Ohio’s Mohican Outdoor School.

Middle and High School Now’s the time to encourage teens to find and follow their passions. Many alternative schools offer both experiential education and traditional academics, with plenty of free thinking and fresh air. And after graduation, a gap year can turn the world into a classroom. Semester-long programs like International Studies Abroad give college credit, and some universities provide financial aid to offset costs. Each semester, 45 high-school juniors from around the country converge on The Mountain School, a branch of Milton Academy, on a working organic farm in rural Vermont. Environmental studies and daily farm chores join precalc and English in the curriculum, along with a three-day wilderness solo. Likewise, the High Mountain Institute, in Leadville, Colorado, offers semester programs and summer terms for high-school juniors, in environmental ethics, wilderness skills, outdoor ethics, as well as traditional AP-track courses. You couldn’t ask for a better backdrop than the San Juan peaks that surround Colorado’s Telluride Mountain School, where in addition to a rigorous college-prep curriculum, high schoolers learn avalanche skills and winter ecology.
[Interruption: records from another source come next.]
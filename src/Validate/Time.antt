-- ===== src/Validate/Time.antt =====
-- internal/validate/timestamp.go: the two readings of the state files' timestamps.
--
-- A time is the number of seconds since the start of the year 1, UTC, which is Go's zero time; the
-- current time is in nanoseconds since then. Go's difference in float64 is compared with whole
-- seconds only, where it is exact. `time.Date` on a valid calendar date is written out.
use molebridge.Base.{
  ℕ, ◌+◌, ◌-◌, ◌*◌, ◌/◌, ◌%◌, ◌^◌, Bool, false, not, ◌&&◌, ◌||◌, Option, none, some, [], ◌∷◌, ◌==◌,
  leb, all, Text, if◌then◌else◌,
}
use molebridge.Validate.Json.{Json, as_string}

-- The nanoseconds of a second.
abbrev pub second : ℕ
second = 10 ^ 9

abbrev pub is_digit : ℕ → Bool
is_digit c = leb 48 c && leb c 57

abbrev pub between : ℕ → ℕ → ℕ → Bool
between a b n = leb a n && leb n b

abbrev pub two : ℕ → ℕ → ℕ
two a b = (a - 48) * 10 + (b - 48)

unfoldable pub is_leap : ℕ → Bool
is_leap y = y % 4 == 0 && (not (y % 100 == 0) || y % 400 == 0)

unfoldable pub days_in : ℕ → ℕ → ℕ
unfolding is_leap
days_in y m =
    if m == 2
    then (if is_leap y then 29 else 28)
    else if m == 4 || (m == 6 || (m == 9 || m == 11))
    then 30
    else 31

-- The days of the year before a month.
unfoldable pub days_before : ℕ → ℕ → ℕ
unfolding days_in
days_before y ℕ.zero = 0
days_before y (ℕ.suc m) = if m == 0 then 0 else days_before y m + days_in y m

unfoldable pub date : ℕ → ℕ → ℕ → ℕ → ℕ → ℕ → ℕ
unfolding days_before
date y mo d h mi s =
    let p = y - 1 in
    let days = 365 * p + p / 4 + p / 400 - p / 100 + days_before y mo + (d - 1) in
    days * 86400 + h * 3600 + mi * 60 + s

unfoldable pub build_time : ℕ → ℕ → ℕ → ℕ → ℕ → ℕ → Option ℕ
unfolding days_in date
build_time y mo d h mi s =
    if leb 1 y
      && (between 1 12 mo
          && (leb 1 d && (leb h 23 && (leb mi 59 && (leb s 59 && leb d (days_in y mo))))))
    then some (date y mo d h mi s)
    else none

-- `ParseTime` of a string: the twenty characters, each in its place.
unfoldable pub parse_text : Text → Option ℕ
unfolding build_time
parse_text
      (y1 ∷ y2 ∷ y3 ∷ y4 ∷ a ∷ m1 ∷ m2 ∷ b ∷ d1 ∷ d2 ∷ t ∷ h1 ∷ h2 ∷ c ∷ i1 ∷ i2 ∷ e ∷ s1 ∷ s2 ∷ z
        ∷ []) =
    if all (λ (p : ℕ × ℕ). p.0 == p.1)
        ((a, 45) ∷ (b, 45) ∷ (t, 84) ∷ (c, 58) ∷ (e, 58) ∷ (z, 90) ∷ [])
      && all is_digit (y1 ∷ y2 ∷ y3 ∷ y4 ∷ m1 ∷ m2 ∷ d1 ∷ d2 ∷ h1 ∷ h2 ∷ i1 ∷ i2 ∷ s1 ∷ s2 ∷ [])
    then build_time (two y1 y2 * 100 + two y3 y4) (two m1 m2) (two d1 d2) (two h1 h2) (two i1 i2)
        (two s1 s2)
    else none
parse_text _ = none

-- `ParseTime`
unfoldable pub parse_time : {F : Type 0} → Option (Json F) → Option ℕ
unfolding parse_text
parse_time v = elim (as_string v) [ none ↦ none | some s ↦ parse_text s ]

-- Whether the time is not in the future and at most `max` seconds old.
unfoldable pub recent_at : ℕ → ℕ → Option ℕ → Bool
recent_at max now none = false
recent_at max now (some t) = leb (t * second) now && leb now ((t + max) * second)

-- `Fresh`
unfoldable pub fresh : {F : Type 0} → ℕ → ℕ → Option (Json F) → Bool
unfolding parse_time recent_at
fresh max now v = recent_at max now (parse_time v)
White Mountain School, in Bethlehem, New Hampshire, sends students on some of the coolest off-campus field courses around, from exploring urban sustainability in Montreal to practicing Zen meditation in New York. The Arthur Morgan School, in Asheville, North Carolina, just may be the ultimate progressive hybrid for middle schoolers, blending the Quaker ideals of simplicity and peace with a Montessori farm school and serious outdoor ed. Boarding and day students venture out on three extended outdoor trips a year, plus an 18-day field trip each spring (past projects: hunger and homelessness, Hurricane Katrina relief), and tackle an independent study of their own design. Perhaps the closest you can get to unschooling in a school setting, the Sudbury model of progressive education puts the students in charge of their


own intellectual development. At the Sudbury Valley School, on ten rural acres in Massachusetts, students from four to 18 choose what they learn, and how. There are no teachers (adults function as role models and resources), tests, grades, classrooms, or application requirements, but there is a photo lab, sound-proof music studios, an internet room in a restored barn, the freedom to spend all day outside if they choose. For a semester abroad or a gap year, sign on for a three-month expedition in the Patagonian Andes with the National Outdoor Leadership School, or head to Rwanda to study peace building with the School for International Training. Students may earn academic credit or even Wilderness First Responder certification—proof that some of the most profound learning doesn’t come from a textbook at all.